Crítica publicada no Jornal do Brasil
por Carlos Augusto Nazareth – Rio de Janeiro – 10.09.2005
O Mistério do Fantasma Apavorado
Direção indecisa põe a perder adaptação de “O Fantasma de Carneville”
O Mistério do Fantasma Apavorado é um texto de Walcyr Carrasco inspirado em O fantasma de Canterville, clássico de Oscar Wilde (1854-1900). As adaptações de obras literárias para crianças são importantes desde que se mantenha a essência da história. Diversos textos de Oscar Wilde são difíceis de serem transpostos para o palco, já que contêm um sem-número de belíssimas e intermináveis descrições, com muita poesia e pouca dramaticidade. E, como diz o autor francês Jean- Jacques Roubine, quando se faz mais poesia que drama, o teatro dificilmente perdoa.

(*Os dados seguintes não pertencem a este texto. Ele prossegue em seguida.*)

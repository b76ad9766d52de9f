-- ===== src/Pipeline/Ends.antt =====
-- What holds at the end of a call, through the calls that it is made of.
use audit_flow_ai.Base.{Bool, true, false, if◌then◌else◌}
use audit_flow_ai.Exec.{Result, ok, raised, Exec, ◌>>=◌, reraise}
use audit_flow_ai.Schemas.Errors.{Raised}

-- A call that returns does so with a result and a state that satisfy `P`.
abbrev pub Ends : {S A : Type 0} → (A → S → Type 0) → Result A × S → Type 0
Ends P (ok a, s) = P a s
Ends P (raised e, s) = Unit

pub Ends-bind :
    {S A B : Type 0} (P : B → S → Type 0) (Q : A → S → Type 0) (e : Exec S A) (k : A → Exec S B)
    (s : S)
    → Ends Q (e s)
    → ((a : A) (s' : S) → Q a s' → Ends P (k a s'))
    → Ends P ((e >>= k) s)
Ends-bind P Q e k s h next = go (e s) h
  where
    go :
        (x : Result _ × _)
        → Ends Q x
        → Ends P (let (r, s') = x in elim r [ ok a ↦ k a s' | raised y ↦ (raised y, s') ])
    go (ok a, s') q = next a s' q
    go (raised y, s') q = tt

-- Nothing need be known of the first call.
pub Ends-skip :
    {S A B : Type 0} (P : B → S → Type 0) (e : Exec S A) (k : A → Exec S B) (s : S)
    → ((a : A) (s' : S) → Ends P (k a s'))
    → Ends P ((e >>= k) s)
Ends-skip {S} {A} {B} P e k s next = go (e s)
  where
    go :
        (x : Result A × S)
        → Ends P (let (r, s') = x in elim r [ ok a ↦ k a s' | raised y ↦ (raised y, s') ])
    go (ok a, s') = next a s'
    go (raised y, s') = tt

pub Ends-if :
    {S A : Type 0} (P : A → S → Type 0) (b : Bool) (e e' : Exec S A) (s : S)
    → Ends P (e s)
    → Ends P (e' s)
    → Ends P ((if b then e else e') s)
Ends-if P true e e' s h h' = h
Ends-if P false e e' s h h' = h'

pub Ends-reraise :
    {S A : Type 0} (P : A → S → Type 0) (y : Raised) (x : Result A × S)
    → Ends P x
    → Ends P (reraise y x)
Ends-reraise P y (ok a, s) h = h
Ends-reraise P y (raised _, s) h = tt
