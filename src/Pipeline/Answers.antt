-- ===== src/Pipeline/Answers.antt =====
-- What `ask` returns, and the session that it leaves.
use audit_flow_ai.Base.{
  String, ◌≡◌, ◌∙◌, refl, ap, ◌⊎◌, inl, inr, true, not, ◌&&◌, Option, none, some, List, [],
  Bool-cases,
}
use audit_flow_ai.Base.Dict.{contains, keys}
use audit_flow_ai.Base.Text.{is_blank, strip}
use audit_flow_ai.Exec.{ok, pure, reraise, Result-cases}
use audit_flow_ai.Retry.{Layer, generate_with_bounded_retry}
use audit_flow_ai.Retry.Bounded.{Answer, generate_with_bounded_retry-Answer}
use audit_flow_ai.Schemas.Errors.{audit, generation_error}
use audit_flow_ai.Schemas.Floats.{Floats}
use audit_flow_ai.Schemas.Generation.{Claim, GenerationResult}
use audit_flow_ai.Schemas.Retrieval.{ConsistencyReport, RetrievalContext}
use audit_flow_ai.Schemas.Session.{AskResponse, answer_with, low_relevance_of, clarify}
use audit_flow_ai.Schemas.Verification.{VerifiedClaim}
use audit_flow_ai.Verify.{Judge, verify_all_claims}
use audit_flow_ai.Verify.Batch.{AllChecked, verify_all_claims-AllChecked}
use audit_flow_ai.Pipeline.{
  Sessions, Run, on_layer, is_active, looks_like_contract_selection, answer_with_retry, verify,
  respond, resolved, resolve_pending_selection, ask_which, retried_active, try_active,
  retried_mentioned, try_mentioned, handle_low_confidence, confident, generate_for,
  generate_and_verify, routed, fresh_question, ask_with, ask,
}
use audit_flow_ai.Pipeline.Ends.{Ends, Ends-bind, Ends-skip, Ends-if, Ends-reraise}

module _ (f : Floats) (l : Layer f) (m : Judge) (s : Sessions) where
  abbrev pub Here : Type 0
  Here = Run l.World m.World

  -- The response answers `question` from the document `d`, which is now the active one: its claims
  -- are those of a grounded answer, each checked.
  pub record Answers (question d : String) (response : AskResponse) (after : Here) : Type 0 where
    pub claims : List VerifiedClaim
    pub result : GenerationResult
    pub is_response : response ≡ answer_with claims d
    pub active : after.session.active_contract ≡ some d
    pub grounded : Answer f l question d result
    pub checked : AllChecked m s.chunk_lookup result.claims claims

  -- What a call of `ask` may return for `question`, from a session with the pending question
  -- `pending` and its `candidates`.
  pub data Reply (question : String) (pending : Option String) (candidates : List String)
      (response : AskResponse) (after : Here) : Type 0 where
    answers :
        (asked d : String)
        → (asked ≡ question) ⊎ ((pending ≡ some asked) × (contains candidates d ≡ true))
        → Answers asked d response after
        → Reply question pending candidates response after
    clarifies :
        (offered : List String) (p : String)
        → response ≡ clarify offered
        → after.session.pending_candidates ≡ offered
        → after.session.pending_question ≡ some p
        → (p ≡ question) ⊎ ((pending ≡ some p) × (candidates ≡ offered))
        → Reply question pending candidates response after
    low :
        (d : Option String)
        → response ≡ low_relevance_of d
        → Reply question pending candidates response after

  verify-Ends :
      (claims : List Claim) (r : Here)
      → Ends
          (λ vs r'. AllChecked m s.chunk_lookup claims vs × (r'.session ≡ r.session))
          (verify f l m s claims r)
  unfolding verify
  verify-Ends claims r = elim (Result-cases (verify_all_claims m claims s.chunk_lookup r.bench).0) [
    | inl (vs, e) ↦ rw e (verify_all_claims-AllChecked m s.chunk_lookup claims r.bench vs e, refl)
    | inr (x, e) ↦ rw e tt
  ]

  answer_with_retry-Ends :
      (question d : String) (pre : Option (RetrievalContext f.Float)) (r : Here)
      → Ends
          (λ o r'.
            ((result : GenerationResult) → o ≡ some result → Answer f l question d result)
            × (r'.session ≡ r.session))
          (answer_with_retry f l m s question d pre r)
  unfolding answer_with_retry
  answer_with_retry-Ends question d pre r =
      elim (Result-cases (generate_with_bounded_retry f l question d pre r.below).0) [
        | inl (o, e) ↦ rw e (
          λ result same.
              generate_with_bounded_retry-Answer f l question d pre r.below result (rw same at e),
          refl,
        )
        | inr (x, e) ↦ rw e tt
      ]

  module _ (question : String) (pending : Option String) (candidates : List String) where
    abbrev Fine : AskResponse → Here → Type 0
    Fine = Reply question pending candidates

    respond-Ends :
        (asked d : String) (result : GenerationResult) (r : Here)
        → (asked ≡ question) ⊎ ((pending ≡ some asked) × (contains candidates d ≡ true))
        → Answer f l asked d result
        → r.session.active_contract ≡ some d
        → Ends Fine (respond f l m s result d r)
    unfolding respond
    respond-Ends asked d result r from g active =
        Ends-bind Fine
          (λ vs r'. AllChecked m s.chunk_lookup result.claims vs × (r'.session ≡ r.session))
          (verify f l m s result.claims) (λ vs. pure (answer_with vs d)) r
          (verify-Ends result.claims r)
          (λ vs r' q. answers asked d from (record {
            claims = vs;
            result = result;
            is_response = refl;
            active = ap (λ x. x.active_contract) q.1 ∙ active;
            grounded = g;
            checked = q.0;
          }))

    -- the session after a call that leaves it alone
    kept :
        (r r' : Here) (d : String)
        → r'.session ≡ r.session
        → r.session.active_contract ≡ some d
        → r'.session.active_contract ≡ some d
    kept r r' d same active = ap (λ x. x.active_contract) same ∙ active

    abbrev Retried : String → String → Here → Option GenerationResult → Here → Type 0
    Retried asked d r o r' =
        ((result : GenerationResult) → o ≡ some result → Answer f l asked d result)
        × (r'.session ≡ r.session)

    resolved-Ends :
        (asked d : String) (o : Option GenerationResult) (r : Here)
        → (pending ≡ some asked) × (contains candidates d ≡ true)
        → ((result : GenerationResult) → o ≡ some result → Answer f l asked d result)
        → Ends Fine (resolved f l m s d o r)
    unfolding resolved
    resolved-Ends asked d none r from g = low (some d) refl
    resolved-Ends asked d (some result) r from g =
        respond-Ends asked d result
          (record r { session = record r.session { active_contract = some d } }) (inr from)
          (g result refl) refl

    resolve_pending_selection-Ends :
        (asked : String) (r : Here)
        → r.session.pending_question ≡ some asked
        → pending ≡ some asked
        → candidates ≡ r.session.pending_candidates
        → Ends Fine (resolve_pending_selection f l m s question asked r)
    unfolding resolve_pending_selection
    resolve_pending_selection-Ends asked r here from same =
        let chosen : String = strip l.tables.is_space question in
        let cleared : Here = record r {
          session = record r.session { pending_question = none; pending_candidates = [] };
        } in
        elim (Bool-cases (contains r.session.pending_candidates chosen)) [
          | inr missing ↦
              rw missing
                (clarifies r.session.pending_candidates asked refl refl here (inr (from, same)))
          | inl offered ↦ rw offered (
              Ends-bind Fine (Retried asked chosen cleared)
                (answer_with_retry f l m s asked chosen none) (resolved f l m s chosen) cleared
                (answer_with_retry-Ends asked chosen none cleared)
                (λ o r' q.
                  resolved-Ends asked chosen o r'
                    (from, ap (λ cs. contains cs chosen) same ∙ offered) q.0))
        ]

    module _ (consistency : ConsistencyReport f.Float) where
      ask_which-Ends : (r : Here) → Ends Fine (ask_which f l m s question consistency r)
      unfolding ask_which
      ask_which-Ends r = elim (Bool-cases (f.ltb consistency.concentration (f.decimal 6 1))) [
        | inl spread ↦
            rw spread
              (clarifies (keys consistency.contract_breakdown) question refl refl refl (inl refl))
        | inr narrow ↦ rw narrow (low consistency.top_contract refl)
      ]

      retried_active-Ends :
          (d : String) (o : Option GenerationResult) (r : Here)
          → r.session.active_contract ≡ some d
          → ((result : GenerationResult) → o ≡ some result → Answer f l question d result)
          → Ends Fine (retried_active f l m s question consistency d o r)
      unfolding retried_active
      retried_active-Ends d none r active g = ask_which-Ends r
      retried_active-Ends d (some result) r active g =
          respond-Ends question d result r (inl refl) (g result refl) active

      try_active-Ends :
          (o : Option String) (r : Here)
          → r.session.active_contract ≡ o
          → Ends Fine (try_active f l m s question consistency o r)
      unfolding try_active
      try_active-Ends none r active = ask_which-Ends r
      try_active-Ends (some d) r active = elim (Bool-cases (is_blank d)) [
        | inl blank ↦ rw blank (ask_which-Ends r)
        | inr filled ↦ rw filled (
            Ends-bind Fine (Retried question d r) (answer_with_retry f l m s question d none)
              (retried_active f l m s question consistency d) r
              (answer_with_retry-Ends question d none r)
              (λ o r' q. retried_active-Ends d o r' (kept r r' d q.1 active) q.0))
      ]

      retried_mentioned-Ends :
          (d : String) (o : Option GenerationResult) (r : Here)
          → ((result : GenerationResult) → o ≡ some result → Answer f l question d result)
          → Ends Fine (retried_mentioned f l m s question consistency d o r)
      unfolding retried_mentioned
      retried_mentioned-Ends d none r g = try_active-Ends r.session.active_contract r refl
      retried_mentioned-Ends d (some result) r g =
          respond-Ends question d result
            (record r { session = record r.session { active_contract = some d } }) (inl refl)
            (g result refl) refl

      try_mentioned-Ends :
          (o : Option String) (r : Here)
          → Ends Fine (try_mentioned f l m s question consistency o r)
      unfolding try_mentioned
      try_mentioned-Ends none r = try_active-Ends r.session.active_contract r refl
      try_mentioned-Ends (some d) r =
          let dropped : Here = record r { session = record r.session { active_contract = none } } in
          elim (Bool-cases (not (is_blank d) && not (is_active d r.session.active_contract))) [
            | inr skip ↦ rw skip (try_active-Ends r.session.active_contract r refl)
            | inl named ↦ rw named (
                Ends-bind Fine (Retried question d dropped)
                  (answer_with_retry f l m s question d none)
                  (retried_mentioned f l m s question consistency d) dropped
                  (answer_with_retry-Ends question d none dropped)
                  (λ o r' q. retried_mentioned-Ends d o r' q.0))
          ]

      handle_low_confidence-Ends :
          (r : Here) → Ends Fine (handle_low_confidence f l m s question consistency r)
      unfolding handle_low_confidence
      handle_low_confidence-Ends r = try_mentioned-Ends _ r

    confident-Ends :
        (d : String) (o : Option GenerationResult) (r : Here)
        → r.session.active_contract ≡ some d
        → ((result : GenerationResult) → o ≡ some result → Answer f l question d result)
        → Ends Fine (confident f l m s d o r)
    unfolding confident
    confident-Ends d none r active g = low (some d) refl
    confident-Ends d (some result) r active g =
        respond-Ends question d result r (inl refl) (g result refl) active

    generate_for-Ends :
        (context : RetrievalContext f.Float) (o : Option String) (r : Here)
        → r.session.active_contract ≡ o
        → Ends Fine (generate_for f l m s question context o r)
    unfolding generate_for
    generate_for-Ends context none r active =
        Ends-skip Fine (λ u. reraise (audit generation_error) (on_layer f l m s l.get_all_chunks u))
          (λ _. pure (low_relevance_of none)) r (λ _ _. low none refl)
    generate_for-Ends context (some d) r active =
        Ends-bind Fine (Retried question d r)
          (λ u.
            reraise (audit generation_error)
              (answer_with_retry f l m s question d (some context) u))
          (confident f l m s d) r
          (Ends-reraise (Retried question d r) (audit generation_error) _
            (answer_with_retry-Ends question d (some context) r))
          (λ o r' q. confident-Ends d o r' (kept r r' d q.1 active) q.0)

    routed-Ends :
        (context : RetrievalContext f.Float) (r : Here)
        → Ends Fine (routed f l m s question context r)
    unfolding routed generate_and_verify
    routed-Ends context r =
        Ends-if Fine context.consistency.is_confident _
          (handle_low_confidence f l m s question context.consistency) r
          (generate_for-Ends context context.consistency.top_contract _ refl)
          (handle_low_confidence-Ends context.consistency r)

    fresh_question-Ends : (r : Here) → Ends Fine (fresh_question f l m s question r)
    unfolding fresh_question
    fresh_question-Ends r =
        Ends-skip Fine (on_layer f l m s (l.full_context_fn question)) (routed f l m s question) r
          (λ context r'. routed-Ends context r')

  ask_with-Ends :
      (question : String) (pending : Option String) (r : Here)
      → r.session.pending_question ≡ pending
      → Ends
          (Reply question pending r.session.pending_candidates)
          (ask_with f l m s question pending r)
  unfolding ask_with
  ask_with-Ends question none r same =
      fresh_question-Ends question none r.session.pending_candidates r
  ask_with-Ends question (some p) r same =
      elim (Bool-cases (not (is_blank p) && looks_like_contract_selection l.tables question)) [
        | inl selection ↦ rw selection (
            resolve_pending_selection-Ends question (some p) r.session.pending_candidates p r same
              refl refl)
        | inr other ↦
            rw other (fresh_question-Ends question (some p) r.session.pending_candidates r)
      ]

  ask-Ends :
      (question : String) (r : Here)
      → Ends
          (Reply question r.session.pending_question r.session.pending_candidates)
          (ask f l m s question r)
  unfolding ask
  ask-Ends question r = ask_with-Ends question r.session.pending_question r refl

  -- What `ask` returns is one of three. An answer: its document is now the active one; the question
  -- that was put to the model is this one, or the pending one, and then the document is one of the
  -- candidates that were offered; it was put over chunks of that document alone, and each claim of the
  -- answer was checked against the chunk that it cites. A request for clarification: its candidates
  -- are now pending, with this question, or again with the question that was pending. Or low relevance.
  pub ask-Reply :
      (question : String) (r after : Here) (response : AskResponse)
      → ask f l m s question r ≡ (ok response, after)
      → Reply question r.session.pending_question r.session.pending_candidates response after
  ask-Reply question r after response h = rw h at (ask-Ends question r)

Em O fantasma de Canterville, Oscar Wilde, ao mesmo tempo que critica a sociedade americana com seu humor ácido, ataca as tradições da nobreza europeia. A história começa quando um ministro americano compra o castelo de Canterville, incluindo na compra o seu velho fantasma. Wilde denuncia a hipocrisia social opondo os rígidos costumes da era vitoriana à excessiva praticidade da família americana, que se muda para o castelo e não dá a menor atenção a seu fantasma, que tenta assustá-la sem sucesso. No final, Wilde aborda as temáticas da dor, da morte e da redenção, quando a caçula da família redime os pecados do fantasma. No entanto, no espetáculo em cartaz no Shopping da Gávea, esta questão é reduzida e chega até a soar um tanto piegas.
Na verdade, a trama não importa tanto e sim o choque entre as culturas, sentido por Wilde quando este trouxe para a América um movimento estético fundado por ele que visava dar um tom de vanguarda à cultura vitoriana. Embora esta seja uma questão fora do universo da criança, é um dos pilares do texto que a adaptação não leva para o palco. Dessa forma, a peça perde seus significados maiores, sobrevivendo por meio de um tênue fio condutor.
Mas, o fato é que, mesmo que ali estivessem colocadas as questões estéticas e éticas, morais e culturais discutidas pelo autor, nada disto interessa muito ao imaginário infantil. Para superar tal impasse, o recurso utilizado foi transformar o espetáculo em uma rasgada comédia musical, com um humor exagerado que tenta substituir a fina ironia de Wilde.
A cenografia, de Janaina de Souza e Clara Haddad, não surte efeito e o cenário não consegue reproduzir o suntuoso clima de um castelo mal-assombrado. A luz de Carmine D’ Amore também não consegue criar o necessário clima de terror, não contribuindo nem para enriquecer o cenário nem para lhe dar um significado mais consistente.
Os figurinos de Marco Lima são corretos nos trajes de época, porém pouco criativos nas vestimentas contemporâneas. Maurício Machado, que faz o fantasma, talvez seja o responsável pelo tom que retira do texto todas as suas possibilidades de aliar humor e terror. Os únicos momentos em que o elenco consegue alguns risos da plateia acontecem nas intervenções de um boneco, confecção e manipulação de Cláudio Saltini. Mas sem a sensação de medo.
Bia Seidl, que faz a dama do quadro e a governanta, é a que tem o melhor desempenho, num elenco onde Alexandre Barilari tenta fazer um americano trapalhão, Carolyna Aguiar interpreta uma americana com uma composição totalmente estranha ao tom do restante do elenco e os meninos Thiago Oliveira e Renan Robeiro sofrem do problema comum aos atores-mirins, que funcionam na televisão, mas se perdem no palco.
A exagerada composição do fantasma, a alienada americana supermoderna, o indefinido escritor americano e as crianças, sem uma proposta que os conduza, faz do espetáculo, em sua pretensão de ser uma superprodução musical, uma peça desinteressante. Dirigida por Eduardo Figueiredo, não desperta nem medo, nem riso. Resultado: o que se vê na plateia são adultos alheios e crianças agitadas, desatentas.